Durante o Fórum Econômico Mundial em Davos, Elon Musk voltou a chamar a atenção do mundo ao afirmar que, até 2031, a Inteligência Artificial poderá se tornar mais inteligente do que toda a humanidade combinada. A declaração não foi feita no contexto de Marketing Multinível, mas suas implicações atingem diretamente todos os modelos de negócio baseados em trabalho humano.
A automação já substitui tarefas operacionais, análises financeiras, diagnósticos médicos e até produção de conteúdo. No entanto, há um território onde a IA encontra limites claros: relacionamento humano, confiança, influência social e construção de comunidades.

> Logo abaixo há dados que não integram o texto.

-- ===== src/Xacto/Protocol.antt =====
-- hw5/src/protocol.c, with the packets of hw5/include/protocol.h. `Rio` stands for the two
-- functions of the package behind hw5/src/csapp.c that move bytes: a connection is what is still
-- to be read from it, and what was written to it.
pub mod Laws
use c_language.Prelude.{
  ℕ, zero, suc, ◌+◌, ◌*◌, ◌/◌, ◌%◌, ◌^◌, Bool, true, false, Option, none, some, ◌>>=◌, List, [],
  ◌∷◌, ◌++◌, length, ◌==◌, if◌then◌else◌, u8,
}

-- `none` is the result -1.
pub record Rio : Type 0 where
  pub readn : List ℕ → ℕ → Option (List ℕ × List ℕ)
  pub writen : List ℕ → List ℕ → Option (List ℕ)

-- `padding` is the byte that the compiler puts between `null` and `size`.
pub record Packet : Type 0 where
  pub type : ℕ
  pub status : ℕ
  pub null : ℕ
  pub padding : ℕ
  pub size : ℕ
  pub timestamp_sec : ℕ
  pub timestamp_nsec : ℕ

-- A field of 32 bits in memory after htonl: the most significant byte comes first.
unfoldable pub htonl : ℕ → List ℕ
htonl w = u8 (w / 2 ^ 24) ∷ (u8 (w / 2 ^ 16) ∷ (u8 (w / 2 ^ 8) ∷ (u8 w ∷ [])))

unfoldable pub ntohl : ℕ → ℕ → ℕ → ℕ → ℕ
ntohl a b c d = a * 2 ^ 24 + (b * 2 ^ 16 + (c * 2 ^ 8 + d))

-- The structure in memory after the three conversions.
unfoldable pub packet_bytes : Packet → List ℕ
packet_bytes p =
    p.type
    ∷ (p.status
        ∷ (p.null
            ∷ (p.padding ∷ (htonl p.size ++ (htonl p.timestamp_sec ++ htonl p.timestamp_nsec)))))

unfoldable pub proto_send_packet : Rio → List ℕ → Packet → List ℕ → Option (List ℕ)
proto_send_packet rio out p payload = do
  out ← rio.writen out (packet_bytes p)
  rio.writen out payload

-- What proto_recv_packet makes of the bytes of a packet; `null` is set to 0.
unfoldable pub packet_of : List ℕ → Option Packet
packet_of
      (t
        ∷ (s
            ∷ (n
                ∷ (p
                    ∷ (a
                        ∷ (b
                            ∷ (c ∷ (d ∷ (e ∷ (f ∷ (g ∷ (h ∷ (i ∷ (j ∷ (k ∷ (l ∷ [])))))))))))))))) =
    some (record {
      type = t;
      status = s;
      null = 0;
      padding = p;
      size = ntohl a b c d;
      timestamp_sec = ntohl e f g h;
      timestamp_nsec = ntohl i j k l;
    })
packet_of _ = none

-- The payload goes to datap[0]; without one, datap[0] keeps what it had, since only the
-- parameter datap is set to NULL.
unfoldable pub recv_payload :
    Rio → Packet → Option (List ℕ) → List ℕ → Option (Packet × Option (List ℕ) × List ℕ)
recv_payload rio p datap input =
    if p.size == 0
    then some (p, datap, input)
    else (rio.readn input p.size >>= λ r. some (p, some r.0, r.1))

unfoldable pub proto_recv_packet :
    Rio → Option (List ℕ) → List ℕ → Option (Packet × Option (List ℕ) × List ℕ)
proto_recv_packet rio datap input = do
  r ← rio.readn input 16
  p ← packet_of r.0
  recv_payload rio p datap r.1
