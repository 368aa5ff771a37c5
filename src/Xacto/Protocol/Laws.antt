-- ===== src/Xacto/Protocol/Laws.antt =====
-- What is sent by hw5/src/protocol.c is received.
use c_language.Prelude.{append_assoc}
use c_language.Prelude.{
  ℕ, ◌/◌, ◌^◌, ◌<◌, ◌≡◌, refl, ap, ◌∙◌, inl, inr, Option, some, List, [], ◌∷◌, ◌++◌, length, arith,
  ◌==◌, if◌then◌else◌, Bool-cases, ==_iff, u8,
}
use c_language.Xacto.Protocol.{
  Rio, Packet, htonl, ntohl, packet_bytes, proto_send_packet, packet_of, recv_payload,
  proto_recv_packet,
}

-- The functions move all the bytes that they are asked for, when these are there.
pub record IsReliable (rio : Rio) : Type 0 where
  pub reads : (bytes rest : List ℕ) → rio.readn (bytes ++ rest) (length bytes) ≡ some (bytes, rest)
  pub writes : (out bytes : List ℕ) → rio.writen out bytes ≡ some (out ++ bytes)

-- The fields have the widths of the structure, and the payload the size that the packet gives.
pub record Fits (p : Packet) (payload : List ℕ) : Type 0 where
  pub size_fits : p.size < 2 ^ 32
  pub sec_fits : p.timestamp_sec < 2 ^ 32
  pub nsec_fits : p.timestamp_nsec < 2 ^ 32
  pub payload_size : length payload ≡ p.size

ntohl-htonl :
    (w : ℕ) → w < 2 ^ 32 → ntohl (u8 (w / 2 ^ 24)) (u8 (w / 2 ^ 16)) (u8 (w / 2 ^ 8)) (u8 w) ≡ w
unfolding ntohl
ntohl-htonl w h = omega arith

abbrev pub received : Packet → Packet
received p = record p { null = 0 }

packet_of-packet_bytes :
    (p : Packet) (payload : List ℕ)
    → Fits p payload
    → packet_of (packet_bytes p) ≡ some (received p)
unfolding packet_of packet_bytes htonl
packet_of-packet_bytes p payload f =
    rw
      (
        ntohl-htonl p.size f.size_fits,
        ntohl-htonl p.timestamp_sec f.sec_fits,
        ntohl-htonl p.timestamp_nsec f.nsec_fits,
      )
      refl

-- What datap[0] is after a packet.
abbrev pub after : Packet → List ℕ → Option (List ℕ) → Option (List ℕ)
after p payload datap = if p.size == 0 then datap else some payload

module _ (rio : Rio) (r : IsReliable rio) where
  recv_payload_all :
      (p : Packet) (payload rest : List ℕ) (datap : Option (List ℕ))
      → Fits p payload
      → recv_payload rio (received p) datap (payload ++ rest)
        ≡ some (received p, after p payload datap, rest)
  unfolding recv_payload
  recv_payload_all p payload rest datap f = elim (Bool-cases (p.size == 0)) [
    | inl e ↦
        let z : length payload ≡ 0 = f.payload_size ∙ (==_iff p.size 0).0 e in
        rw e (ap (λ t. some (received p, datap, t ++ rest)) (empty payload z))
    | inr e ↦ rw (e, ← f.payload_size, r.reads payload rest) refl
  ]
    where
      empty : (xs : List ℕ) → length xs ≡ 0 → xs ≡ []
      empty [] h = refl
      empty (x ∷ xs) h = absurd (omega arith)

  recv_16 :
      (p : Packet) (payload rest : List ℕ)
      → rio.readn ((packet_bytes p ++ payload) ++ rest) 16 ≡ some (packet_bytes p, payload ++ rest)
  unfolding packet_bytes htonl
  recv_16 p payload rest =
      ap (λ t. rio.readn t 16) (append_assoc (packet_bytes p) payload rest)
      ∙ r.reads (packet_bytes p) (payload ++ rest)

  -- What proto_send_packet writes for a packet with fields of their widths and a payload of its
  -- size, proto_recv_packet reads back, with the field null cleared, the payload in datap[0] if
  -- there is one, and what follows left in the connection.
  pub proto_send_recv :
      (out rest : List ℕ) (p : Packet) (payload : List ℕ) (datap : Option (List ℕ))
      → Fits p payload
      → (sent : List ℕ) × (proto_send_packet rio out p payload ≡ some (out ++ sent))
        × (proto_recv_packet rio datap (sent ++ rest)
            ≡ some (received p, after p payload datap, rest))
  unfolding proto_send_packet proto_recv_packet
  proto_send_recv out rest p payload datap f = (
    packet_bytes p ++ payload,
    rw (r.writes out (packet_bytes p), r.writes (out ++ packet_bytes p) payload)
        (ap some (append_assoc out (packet_bytes p) payload)),
    rw (recv_16 p payload rest, packet_of-packet_bytes p payload f)
        (recv_payload_all p payload rest datap f),
  )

É nesse ponto que o Marketing Multinível entra na discussão. Diferente de negócios tradicionais, o multinível não depende apenas de execução técnica, mas da capacidade de pessoas se conectarem, liderarem e inspirarem outras pessoas. Essas habilidades, até o momento, não podem ser totalmente automatizadas.
Além disso, a Inteligência Artificial pode se tornar uma aliada poderosa para profissionais do multinível. Ferramentas de IA já permitem segmentar públicos, criar conteúdos personalizados, automatizar follow-ups e escalar treinamentos de equipes, ampliando resultados sem aumentar custos operacionais.
O cenário que se desenha não é de exclusão, mas de adaptação. Quem insistir em modelos ultrapassados tende a perder espaço. Quem aprender a usar a IA como suporte estratégico pode ganhar eficiência, escala e vantagem competitiva.
A provocação de Musk não é sobre o fim da humanidade, mas sobre o fim de uma forma antiga de trabalhar. E, paradoxalmente, negócios centrados em pessoas — como o Marketing Multinível — podem sair fortalecidos dessa transição.